TheSonicMarauder said:


> i too am interested in fishing the ladue series so im interested in like the fees and the format.... is it like a team event or is it set up like the FLW tournys like a pro and co boards and each pro is teamed with a new co every day.....
> 
> i know ill need a bigger battery for that next year heh


You can fish with a partner or solo . The majority of the teams have 2 people . There are a few guys that fish solo .

Awesome people there and it runs smooth as silk .


----------



## ParmaBass (Apr 11, 2004)

Hot Dogs at the weigh-in?  Just kidding, I've been around the LaDue series since 2001 and it's always been a smooth ride and just keeps getting better it seems.

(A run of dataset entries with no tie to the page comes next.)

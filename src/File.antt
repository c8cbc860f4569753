-- ===== src/File.antt =====
-- main.c: the file operations of a port.
pub mod Sleep
pub mod Read
pub mod Write
pub mod Poll
pub mod Ioctl
pub mod Semaphores
pub mod ReadSemaphore
pub mod Progress
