-- ===== src/File/Ioctl.antt =====
-- main.c: fscc_ioctl. The copies of the argument from and to user space are taken to move all of
-- it: the code does not look at their results.
use fscc_linux.Prelude.{ℕ, List}
use fscc_linux.Kernel.{Env, enotty, Ret, ok, err, spin_lock, spin_unlock, settings_lock, u32}
use fscc_linux.State.{Port, emit}
use fscc_linux.Port.Settings.{
  set_append_status, get_append_status, set_append_timestamp, get_append_timestamp,
  set_ignore_timeout, get_ignore_timeout, set_rx_multiple, get_rx_multiple, set_tx_modifiers,
  get_tx_modifiers,
}
use fscc_linux.Port.Registers.{get_registers, set_registers}
use fscc_linux.Port.Clock.{set_clock_bits}
use fscc_linux.Io.Purge.{purge_rx, purge_tx}

-- The commands of fscc.h, with what `arg` points to.
pub data Command : Type 0 where
  fscc_get_registers : List ℕ → Command
  fscc_set_registers : List ℕ → Command
  fscc_purge_tx fscc_purge_rx : Command
  fscc_enable_append_status fscc_disable_append_status fscc_get_append_status : Command
  fscc_enable_append_timestamp fscc_disable_append_timestamp fscc_get_append_timestamp : Command
  fscc_set_clock_bits : List ℕ → Command
  fscc_enable_ignore_timeout fscc_disable_ignore_timeout fscc_get_ignore_timeout : Command
  fscc_set_tx_modifiers : ℕ → Command
  fscc_get_tx_modifiers : Command
  fscc_enable_rx_multiple fscc_disable_rx_multiple fscc_get_rx_multiple : Command
  unknown : Command

-- What is copied to the user.
pub data Answer : Type 0 where
  nothing : Answer
  number : ℕ → Answer
  registers : List ℕ → Answer

-- `if ((error_code = …) < 0) return error_code;`
abbrev pub checked : Ret × Port → Ret × Answer × Port
checked (err x, p) = (err x, nothing, p)
checked (ok n, p) = (ok 0, nothing, p)

abbrev done : Port → Ret × Answer × Port
done p = (ok 0, nothing, p)

abbrev answer : ℕ → Port → Ret × Answer × Port
answer n p = (ok 0, number n, p)

unfoldable pub ioctl : Env → Command → Port → Ret × Answer × Port
ioctl e (fscc_get_registers regs) p =
    let (got, p1) = get_registers e regs (emit (spin_lock settings_lock) p) in
    (ok 0, registers got, emit (spin_unlock settings_lock) p1)
ioctl e (fscc_set_registers regs) p =
    let (r, p1) = set_registers e regs (emit (spin_lock settings_lock) p) in
    done (emit (spin_unlock settings_lock) p1)
ioctl e fscc_purge_tx p = checked (purge_tx e p)
ioctl e fscc_purge_rx p = checked (purge_rx e p)
ioctl e fscc_enable_append_status p = checked (set_append_status 1 p)
ioctl e fscc_disable_append_status p = done (set_append_status 0 p).1
ioctl e fscc_get_append_status p = answer (get_append_status p) p
ioctl e fscc_enable_append_timestamp p = checked (set_append_timestamp 1 p)
ioctl e fscc_disable_append_timestamp p = done (set_append_timestamp 0 p).1
ioctl e fscc_get_append_timestamp p = answer (get_append_timestamp p) p
ioctl e (fscc_set_clock_bits clock_data) p = done (set_clock_bits e clock_data p)
ioctl e fscc_enable_ignore_timeout p = done (set_ignore_timeout 1 p)
ioctl e fscc_disable_ignore_timeout p = done (set_ignore_timeout 0 p)
ioctl e fscc_get_ignore_timeout p = answer (get_ignore_timeout p) p
ioctl e (fscc_set_tx_modifiers arg) p = checked (set_tx_modifiers (u32 arg) p)
ioctl e fscc_get_tx_modifiers p = answer (get_tx_modifiers p) p
ioctl e fscc_enable_rx_multiple p = done (set_rx_multiple 1 p)
ioctl e fscc_disable_rx_multiple p = done (set_rx_multiple 0 p)
ioctl e fscc_get_rx_multiple p = answer (get_rx_multiple p) p
ioctl e unknown p = (err enotty, nothing, p)
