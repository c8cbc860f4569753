-- ===== src/Io/Ready.antt =====
-- io.c: what a user may read or write now, and the time stamps of finished frames.
pub mod Space
pub mod RxRing
use fscc_linux.Prelude.{
  ℕ, zero, suc, ◌+◌, ◌%◌, ◌^◌, List, Bool, true, false, not, ◌&&◌, if◌then◌else◌, ◌==◌, bit_and,
  set,
}
use fscc_linux.Kernel.{Env, spin_lock, spin_unlock, rx_lock, get_time, Timestamp}
use fscc_linux.Offsets.{desc_fe_bit, desc_cstop_bit, dma_max_length}
use fscc_linux.State.{IoFrame, Port, emit, frame_at, control_at, has, next_desc}
use fscc_linux.Port.Access.{is_streaming}

-- The loop of fscc_user_next_read_size: whether a whole frame is there, and the bytes.
unfoldable pub next_size : List IoFrame → ℕ → ℕ → ℕ → ℕ → Bool × ℕ
next_size frames num cur_desc bytes zero = (false, bytes)
next_size frames num cur_desc bytes (suc left) =
    let control = control_at frames cur_desc in
    let rest =
      next_size frames num (next_desc cur_desc num)
        ((bytes + (frame_at frames cur_desc).desc.data_count) % 2 ^ 64) left in
    if not (has control desc_fe_bit) && not (has control desc_cstop_bit)
    then (false, bytes)
    else if has control desc_fe_bit && has control desc_cstop_bit
    then (true, bit_and control dma_max_length)
    else rest

unfoldable pub user_next_read_size : Port → Bool × ℕ
user_next_read_size p = next_size p.rx_descriptors p.memory.rx_num p.user_rx_desc 0 p.memory.rx_num

unfoldable pub user_read_ready : Port → Bool
user_read_ready p =
    let (frame_ready, bytes_ready) = user_next_read_size p in
    if is_streaming p then not (bytes_ready == 0) else frame_ready

unfoldable pub timestamp_is_empty : Timestamp → Bool
timestamp_is_empty t = t.tv_sec == 0 && t.tv_nsec == 0

-- `if (timestamp_is_empty (&frame->timestamp)) set_timestamp (&frame->timestamp);`
unfoldable pub stamp_rx : Env → ℕ → Port → Port
stamp_rx e i p =
    let frame = frame_at p.rx_descriptors i in
    if timestamp_is_empty frame.timestamp
    then emit get_time (record p {
      rx_descriptors =
          set p.rx_descriptors i (record frame { timestamp = e.ktime_get_ts64 p.trace });
    })
    else p

unfoldable pub stamp_from : Env → ℕ → ℕ → Port → Port
stamp_from e cur_desc zero p = p
stamp_from e cur_desc (suc left) p =
    let control = control_at p.rx_descriptors cur_desc in
    let rest = stamp_from e (next_desc cur_desc p.memory.rx_num) left (stamp_rx e cur_desc p) in
    if not (has control desc_fe_bit) && not (has control desc_cstop_bit) then p else rest

unfoldable pub apply_timestamps : Env → Port → Port
apply_timestamps e p =
    emit (spin_unlock rx_lock)
      (stamp_from e p.user_rx_desc p.memory.rx_num (emit (spin_lock rx_lock) p))

-- The loop of fscc_user_get_tx_space.
unfoldable pub tx_space : List IoFrame → ℕ → ℕ → ℕ → ℕ → ℕ → ℕ
tx_space frames num tx_size cur_desc space zero = space
tx_space frames num tx_size cur_desc space (suc left) =
    let rest =
      tx_space frames num tx_size (next_desc cur_desc num) ((space + tx_size) % 2 ^ 64) left in
    if has (control_at frames cur_desc) desc_cstop_bit then rest else space

unfoldable pub user_get_tx_space : Port → ℕ
user_get_tx_space p =
    tx_space p.tx_descriptors p.memory.tx_num p.memory.tx_size p.user_tx_desc 0 p.memory.tx_num
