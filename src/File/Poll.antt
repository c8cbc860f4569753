-- ===== src/File/Poll.antt =====
-- main.c: fscc_poll.
use fscc_linux.Prelude.{Bool}
use fscc_linux.Kernel.{truthy}
use fscc_linux.State.{Port}
use fscc_linux.Io.Ready.{user_read_ready, user_get_tx_space}

-- The mask: POLLIN | POLLRDNORM, and POLLOUT | POLLWRNORM. The poll semaphore is free again when
-- the call returns, and nothing else is changed.
pub record PollMask : Type 0 where
  pub poll_in : Bool
  pub poll_out : Bool

unfoldable pub poll : Port → PollMask
poll p = record { poll_in = user_read_ready p; poll_out = truthy (user_get_tx_space p) }
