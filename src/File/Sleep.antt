-- ===== src/File/Sleep.antt =====
-- The calls of main.c that may sleep, down_interruptible and wait_event_interruptible. What the
-- rest of the system does meanwhile is a list of `Wake`s, one for each such call.
use fscc_linux.Prelude.{◌+◌, ◌-◌}
use fscc_linux.Kernel.{Ret}
use fscc_linux.State.{Port}

-- A signal, or the call returns after others have changed the port.
pub data Wake : Type 0 where
  interrupted : Wake
  resumed : (Port → Port) → Wake

pub data Outcome : Type 0 where
  returned : Ret → Outcome
  asleep : Outcome

abbrev pub down_read : Port → Port
down_read p = record p { read_semaphore = p.read_semaphore - 1 }

abbrev pub up_read : Port → Port
up_read p = record p { read_semaphore = p.read_semaphore + 1 }

abbrev pub down_write : Port → Port
down_write p = record p { write_semaphore = p.write_semaphore - 1 }

abbrev pub up_write : Port → Port
up_write p = record p { write_semaphore = p.write_semaphore + 1 }
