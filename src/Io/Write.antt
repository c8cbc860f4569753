-- ===== src/Io/Write.antt =====
-- io.c: fscc_user_write_frame, which splits a user's frame over the transmit descriptors.
pub mod Split
pub mod Frame
use fscc_linux.Prelude.{
  ℕ, zero, suc, ◌+◌, ◌-◌, ◌%◌, ◌^◌, List, ◌++◌, Bool, true, false, not, ◌&&◌, if◌then◌else◌, ltb,
  ◌==◌, bit_or, length, take, drop, set,
}
use fscc_linux.Kernel.{
  Env, Errno, enobufs, Ret, ok, err, spin_lock, spin_unlock, tx_lock, kzalloc, kfree, copy_from,
  truthy, u32, fit,
}
use fscc_linux.Offsets.{desc_fe_bit, desc_cstop_bit, desc_hi_bit, dtdb_offset}
use fscc_linux.State.{IoFrame, Port, emit, frame_at, has, next_desc}
use fscc_linux.Port.Access.{set_register, is_dma}
use fscc_linux.Io.Dma.{is_tx_running, execute_transmit}

-- An `int` as a `size_t`.
abbrev pub sext : ℕ → ℕ
sext n = if ltb n (2 ^ 31) then n else n + 2 ^ 64 - 2 ^ 32

-- `a - b` on `size_t`
abbrev pub sub64 : ℕ → ℕ → ℕ
sub64 a b = (a + 2 ^ 64 - b) % 2 ^ 64

-- The variables of the loop.
pub record Writing : Type 0 where
  pub port : Port
  pub out_length : ℕ
  pub start_desc : ℕ
  pub status : Ret

-- What the round puts into the descriptor at hand.
unfoldable pub fill_frame : List ℕ → ℕ → ℕ → ℕ → ℕ → IoFrame → IoFrame
fill_frame bytes data_length i out_length transmit_length frame = record frame {
  buffer = fit transmit_length (drop out_length bytes) ++ drop transmit_length frame.buffer;
  desc = record (frame.desc) {
    data_count = u32 transmit_length;
    control =
        if i == 0
        then u32 (bit_or (bit_or desc_hi_bit desc_fe_bit) data_length)
        else u32 (bit_or desc_hi_bit transmit_length);
  };
}

-- The bytes that go into one descriptor.
unfoldable pub transmit_size : ℕ → ℕ → ℕ → ℕ
transmit_size tx_size data_length out_length =
    if ltb tx_size (sub64 data_length (sext out_length))
    then tx_size
    else sub64 data_length (sext out_length)

-- One round on a free descriptor.
unfoldable pub write_round : List ℕ → ℕ → ℕ → Writing → Writing
write_round bytes data_length i w =
    let p = w.port in
    let frame = frame_at p.tx_descriptors p.user_tx_desc in
    let transmit_length = transmit_size p.memory.tx_size data_length w.out_length in
    record w {
      start_desc = if w.start_desc == 0 then frame.desc_physical_address else w.start_desc;
      out_length = u32 (w.out_length + transmit_length);
      port = record p {
        tx_descriptors =
            set p.tx_descriptors p.user_tx_desc
              (fill_frame bytes data_length i w.out_length transmit_length frame);
        user_tx_desc = next_desc p.user_tx_desc p.memory.tx_num;
      };
    }

-- The loop, from round `i` on.
unfoldable pub write_loop : List ℕ → ℕ → ℕ → ℕ → Writing → Writing
write_loop bytes data_length i zero w = w
write_loop bytes data_length i (suc left) w =
    let frame = frame_at w.port.tx_descriptors w.port.user_tx_desc in
    let w1 = write_round bytes data_length i w in
    let rest = write_loop bytes data_length (i + 1) left w1 in
    if has frame.desc.control desc_cstop_bit
    then (if sext w1.out_length == data_length then w1 else rest)
    else record w { status = err enobufs }

-- The end of fscc_user_write_frame: an idle DMA engine is started at the frame.
unfoldable pub start_dma : Env → ℕ → Port → Port
start_dma e start_desc p =
    if truthy (is_dma p)
    then (let (running, p1) = is_tx_running e p in
        if running
        then p1
        else execute_transmit e true (set_register e 2 dtdb_offset start_desc p1).1)
    else p

-- `buf` is the user's buffer. Bytes that cannot be copied read as zeros.
unfoldable pub user_write_frame : Env → List ℕ → ℕ → Port → Ret × Port
user_write_frame e buf data_length p =
    let p1 = emit (kzalloc data_length) p in
    if e.allocates p.trace data_length
    then (let bytes =
          fit data_length (take (data_length - e.copy_unmoved p1.trace data_length) buf) in
        let p2 = emit (spin_lock tx_lock) (emit (copy_from data_length) p1) in
        let w =
          write_loop bytes data_length 0 p2.memory.tx_num
            (record { port = p2; out_length = 0; start_desc = 0; status = ok 0 }) in
        (w.status, emit kfree (start_dma e w.start_desc (emit (spin_unlock tx_lock) w.port))))
    else (ok 0, p1)
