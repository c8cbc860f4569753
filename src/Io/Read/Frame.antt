-- ===== src/Io/Read/Frame.antt =====
-- io.c: fscc_user_read_frame, which copies one finished frame to the user, or as many as fit.
use fscc_linux.Prelude.{
  ℕ, zero, suc, ◌+◌, ◌-◌, ◌/◌, ◌%◌, ◌^◌, List, [], ◌∷◌, ◌++◌, Bool, true, false, not, ◌&&◌, ◌||◌,
  if◌then◌else◌, ltb, ◌==◌, bit_and, length, take, set,
}
use fscc_linux.Kernel.{
  Env, enobufs, Ret, ok, err, spin_lock, spin_unlock, rx_lock, kzalloc, kfree, copy_to, truthy, u32,
  fit, Timestamp,
}
use fscc_linux.Offsets.{desc_fe_bit, desc_cstop_bit, desc_hi_bit, dma_max_length}
use fscc_linux.State.{IoFrame, Port, emit, no_time, frame_at, has, next_desc}
use fscc_linux.Io.Ready.{user_next_read_size, stamp_rx}
use fscc_linux.Io.Write.{sub64}

-- sizeof(fscc_timestamp): two 64-bit fields
abbrev pub sizeof_timestamp : ℕ
sizeof_timestamp = 16

abbrev pub status_bytes : Port → ℕ
status_bytes p = if truthy p.append_status then 0 else 2

-- The bytes that the user is to have of a frame of `bytes_in_descs` bytes.
unfoldable pub valid_data : Port → ℕ → ℕ
valid_data p bytes_in_descs = sub64 bytes_in_descs (status_bytes p)

unfoldable pub buffer_requirement : Port → ℕ → ℕ
buffer_requirement p bytes_in_descs =
    (valid_data p bytes_in_descs + (if truthy p.append_timestamp then sizeof_timestamp else 0))
    % 2 ^ 64

-- `n` in memory as eight bytes.
unfoldable pub bytes8 : ℕ → ℕ → List ℕ
bytes8 n zero = []
bytes8 n (suc k) = (n % 256) ∷ bytes8 (n / 256) k

unfoldable pub timestamp_bytes : Timestamp → List ℕ
timestamp_bytes t = bytes8 t.tv_sec 8 ++ bytes8 t.tv_nsec 8

-- The variables of the loop; `temp_data` is what is written so far, and its length `out_length`.
pub record Reading : Type 0 where
  pub port : Port
  pub temp_data : List ℕ
  pub bytes_in_descs : ℕ
  pub total_valid_data : ℕ
  pub filled_frame_size : ℕ

-- The bytes that the descriptor holds of the frame.
unfoldable pub planned_move_size : IoFrame → ℕ → ℕ
planned_move_size frame filled_frame_size =
    if has frame.desc.control desc_fe_bit && has frame.desc.control desc_cstop_bit
    then sub64 (bit_and frame.desc.control dma_max_length) filled_frame_size
    else frame.desc.data_count

-- The round up to the time stamp: the bytes of the descriptor at hand.
unfoldable pub move_bytes : Reading → Reading
move_bytes r =
    let frame = frame_at r.port.rx_descriptors r.port.user_rx_desc in
    let planned = planned_move_size frame r.filled_frame_size in
    let real = if ltb r.total_valid_data planned then r.total_valid_data else planned in
    record r {
      temp_data = r.temp_data ++ fit real frame.buffer;
      bytes_in_descs = if ltb r.bytes_in_descs planned then 0 else r.bytes_in_descs - planned;
      total_valid_data = r.total_valid_data - real;
      filled_frame_size = (r.filled_frame_size + real) % 2 ^ 64;
    }

-- The time stamp behind the last bytes of the frame.
unfoldable pub append_time : Env → Reading → Reading
append_time e r =
    if r.bytes_in_descs == 0 && truthy r.port.append_timestamp
    then (let p = stamp_rx e r.port.user_rx_desc r.port in
        record r {
          port = p;
          temp_data =
              r.temp_data ++ timestamp_bytes (frame_at p.rx_descriptors p.user_rx_desc).timestamp;
        })
    else r

-- The descriptor goes back to the card.
unfoldable pub release_rx : Port → Port
release_rx p =
    let frame = frame_at p.rx_descriptors p.user_rx_desc in
    record p {
      rx_descriptors = set p.rx_descriptors p.user_rx_desc (record frame {
        timestamp = no_time;
        desc = record (frame.desc) { control = desc_hi_bit };
      });
      user_rx_desc = next_desc p.user_rx_desc p.memory.rx_num;
    }

-- The end of a frame with rx_multiple: is there another frame, and does it fit?
unfoldable pub next_frame : ℕ → Reading → Bool × Reading
next_frame buf_length r =
    let (frame_ready, bytes) = user_next_read_size r.port in
    if frame_ready
    then (if ltb (sub64 buf_length (length r.temp_data)) (buffer_requirement r.port bytes)
        then (
          false,
          record r { bytes_in_descs = bytes; total_valid_data = valid_data r.port bytes },
        )
        else (
          true,
          record r {
            bytes_in_descs = bytes;
            total_valid_data = valid_data r.port bytes;
            filled_frame_size = 0;
          },
        ))
    else (false, record r { bytes_in_descs = bytes })

-- One round of the loop; the flag says whether it goes on.
unfoldable pub read_round : Env → ℕ → Reading → Bool × Reading
read_round e buf_length r =
    let r1 = append_time e (move_bytes r) in
    let r2 = record r1 { port = release_rx r1.port } in
    if r2.bytes_in_descs == 0
    then (if truthy r2.port.rx_multiple then next_frame buf_length r2 else (false, r2))
    else (true, r2)

unfoldable pub read_loop : Env → ℕ → ℕ → Reading → Reading
read_loop e buf_length zero r = r
read_loop e buf_length (suc left) r =
    let (more, r1) = read_round e buf_length r in
    let rest = read_loop e buf_length left r1 in if more then rest else r1

-- The copy to the user, after the loop: what was moved, and the count that is returned.
unfoldable pub deliver : Env → List ℕ → Port → Ret × Port
deliver e temp_data p =
    let out_length = u32 (length temp_data) in
    if truthy out_length
    then (let unmoved_bytes = e.copy_unmoved p.trace out_length in
        (
          ok (u32 (out_length + 2 ^ 32 - unmoved_bytes)),
          emit kfree (emit (copy_to (take (out_length - unmoved_bytes) temp_data)) p),
        ))
    else (ok 0, emit kfree p)

-- The loop from its start, on a frame of `bytes_in_descs` bytes.
unfoldable pub read_frames : Env → ℕ → ℕ → Port → Reading
read_frames e buf_length bytes_in_descs p = read_loop e buf_length p.memory.rx_num (record {
  port = p;
  temp_data = [];
  bytes_in_descs = bytes_in_descs;
  total_valid_data = valid_data p bytes_in_descs;
  filled_frame_size = 0;
})

unfoldable pub user_read_frame : Env → ℕ → Port → Ret × Port
user_read_frame e buf_length p =
    let p1 = emit (kzalloc buf_length) p in
    if e.allocates p.trace buf_length
    then (let p2 = emit (spin_lock rx_lock) p1 in
        let (frame_ready, bytes_in_descs) = user_next_read_size p2 in
        if not frame_ready || ltb buf_length (buffer_requirement p2 bytes_in_descs)
        then (err enobufs, emit kfree (emit (spin_unlock rx_lock) p2))
        else (let r = read_frames e buf_length bytes_in_descs p2 in
            deliver e r.temp_data (emit (spin_unlock rx_lock) r.port)))
    else (ok 0, p1)
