-- ===== src/Io/Read/Stream.antt =====
-- io.c: fscc_user_read_stream, which copies what is there, whatever frames it belongs to.
use fscc_linux.Prelude.{
  ℕ, zero, suc, ◌+◌, ◌-◌, ◌%◌, ◌^◌, List, [], ◌++◌, Bool, true, false, not, ◌&&◌, if◌then◌else◌,
  ltb, ◌==◌, length, drop, set,
}
use fscc_linux.Kernel.{Env, Ret, ok, spin_lock, spin_unlock, rx_lock, kzalloc, truthy, fit, u32}
use fscc_linux.Offsets.{desc_fe_bit, desc_cstop_bit, desc_hi_bit}
use fscc_linux.State.{IoFrame, Port, emit, no_time, frame_at, has, next_desc}
use fscc_linux.Io.Write.{sub64, sext}
use fscc_linux.Io.Read.Frame.{deliver}

-- The variables of the loop; `temp_data` is what is written so far, and its length `out_length`.
pub record Streaming : Type 0 where
  pub port : Port
  pub temp_data : List ℕ

-- The bytes to take from a descriptor with `data_count` bytes, an `int`.
unfoldable pub stream_size : ℕ → ℕ → ℕ → ℕ
stream_size buf_length out_length data_count =
    if ltb data_count (sub64 buf_length out_length)
    then data_count
    else u32 (sub64 buf_length out_length)

-- The descriptor after a part of it, or all of it, has been taken.
unfoldable pub take_part : ℕ → ℕ → IoFrame → IoFrame
take_part i receive_length frame =
    let remaining = u32 (frame.desc.data_count + 2 ^ 32 - receive_length) in
    record frame {
      buffer = fit remaining (drop receive_length frame.buffer) ++ drop remaining frame.buffer;
      desc = record (frame.desc) { data_count = remaining };
    }

unfoldable pub take_all_of : ℕ → ℕ → IoFrame → IoFrame
take_all_of i rx_size frame = record frame {
  timestamp = no_time;
  desc = record (frame.desc) {
    data_count = rx_size;
    control = if truthy (i % 2) then desc_hi_bit else 0;
  };
}

-- Round `i` on a descriptor with data; the flag says whether the loop goes on.
unfoldable pub stream_round : ℕ → ℕ → Streaming → Bool × Streaming
stream_round buf_length i s =
    let p = s.port in
    let frame = frame_at p.rx_descriptors p.user_rx_desc in
    let receive_length = stream_size buf_length (length s.temp_data) frame.desc.data_count in
    let temp = s.temp_data ++ fit (sext receive_length) frame.buffer in
    if receive_length == frame.desc.data_count
    then (
      true,
      record {
        port = record p {
          rx_descriptors =
              set p.rx_descriptors p.user_rx_desc (take_all_of i p.memory.rx_size frame);
          user_rx_desc = next_desc p.user_rx_desc p.memory.rx_num;
        };
        temp_data = temp;
      },
    )
    else (
      false,
      record {
        port = record p {
          rx_descriptors = set p.rx_descriptors p.user_rx_desc (take_part i receive_length frame);
        };
        temp_data = temp;
      },
    )

-- The loop, from round `i` on.
unfoldable pub stream_loop : ℕ → ℕ → ℕ → Streaming → Streaming
stream_loop buf_length i zero s = s
stream_loop buf_length i (suc left) s =
    let control = (frame_at s.port.rx_descriptors s.port.user_rx_desc).desc.control in
    let (more, s1) = stream_round buf_length i s in
    let rest = stream_loop buf_length (i + 1) left s1 in
    if not (has control desc_fe_bit) && not (has control desc_cstop_bit)
    then s
    else if more
    then rest
    else s1

unfoldable pub user_read_stream : Env → ℕ → Port → Ret × Port
user_read_stream e buf_length p =
    let p1 = emit (kzalloc buf_length) p in
    if e.allocates p.trace buf_length
    then (let p2 = emit (spin_lock rx_lock) p1 in
        let s = stream_loop buf_length 0 p2.memory.rx_num (record { port = p2; temp_data = [] }) in
        deliver e s.temp_data (emit (spin_unlock rx_lock) s.port))
    else (ok 0, p1)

Paying top 10 for the Championship this year is great, and the "free" courtesy fish is a great idea too (just came a couple years too late for us!). What happened to the giant worm that used to be given out for Big Bass? That was pretty cool. Top notch tournament series, see you Saturday!


----------



## ParmaBass (Apr 11, 2004)

}I know ill need a bigger battery for that next year heh[/QUOTE said:


> I need to find lighter batteries. I figure the 6 batteries we carry on the boat for tournament weight close to 250-300lbs. It does helps out in the early Spring getting under the bridges at 422 and Auburn Rd.


----------



## lateral_line (Jun 9, 2005)

how about earlier start times for june thru aug. 6am. topwater time!


----------



## ranger487 (Apr 5, 2005)

Well Nip I liked how we checked in for the Maddness right in our cars that was the deal. You run everything great all my ideas are just my opinions

1. off limits maybe a week or at least 3 days

man I sat here and tried to think of something else and I cant you must have it all covered.

OH YEA control the late payers..    

Mark


----------



## Procraftboats21 (Apr 6, 2004)

How 'bout an NOAA coming to the river next year?! 

what about a 2 day tournament at a different lake each day with a week off limits before the tournament

Great circuit Nip as always... I had a blast last saturday


----------



## ParmaBass (Apr 11, 2004)

lateral_line said:


> how about earlier start times for june thru aug. 6am. topwater time!


I like that idea!


----------



## heyjay (Mar 22, 2005)

lateral_line said:


> how about earlier start times for june thru aug. 6am. topwater time!


I vote for this idea as well .


----------



## Nipididdee (Apr 19, 2004)

Good stuff~ thanks guys!!!

Just some background info to help perpectives.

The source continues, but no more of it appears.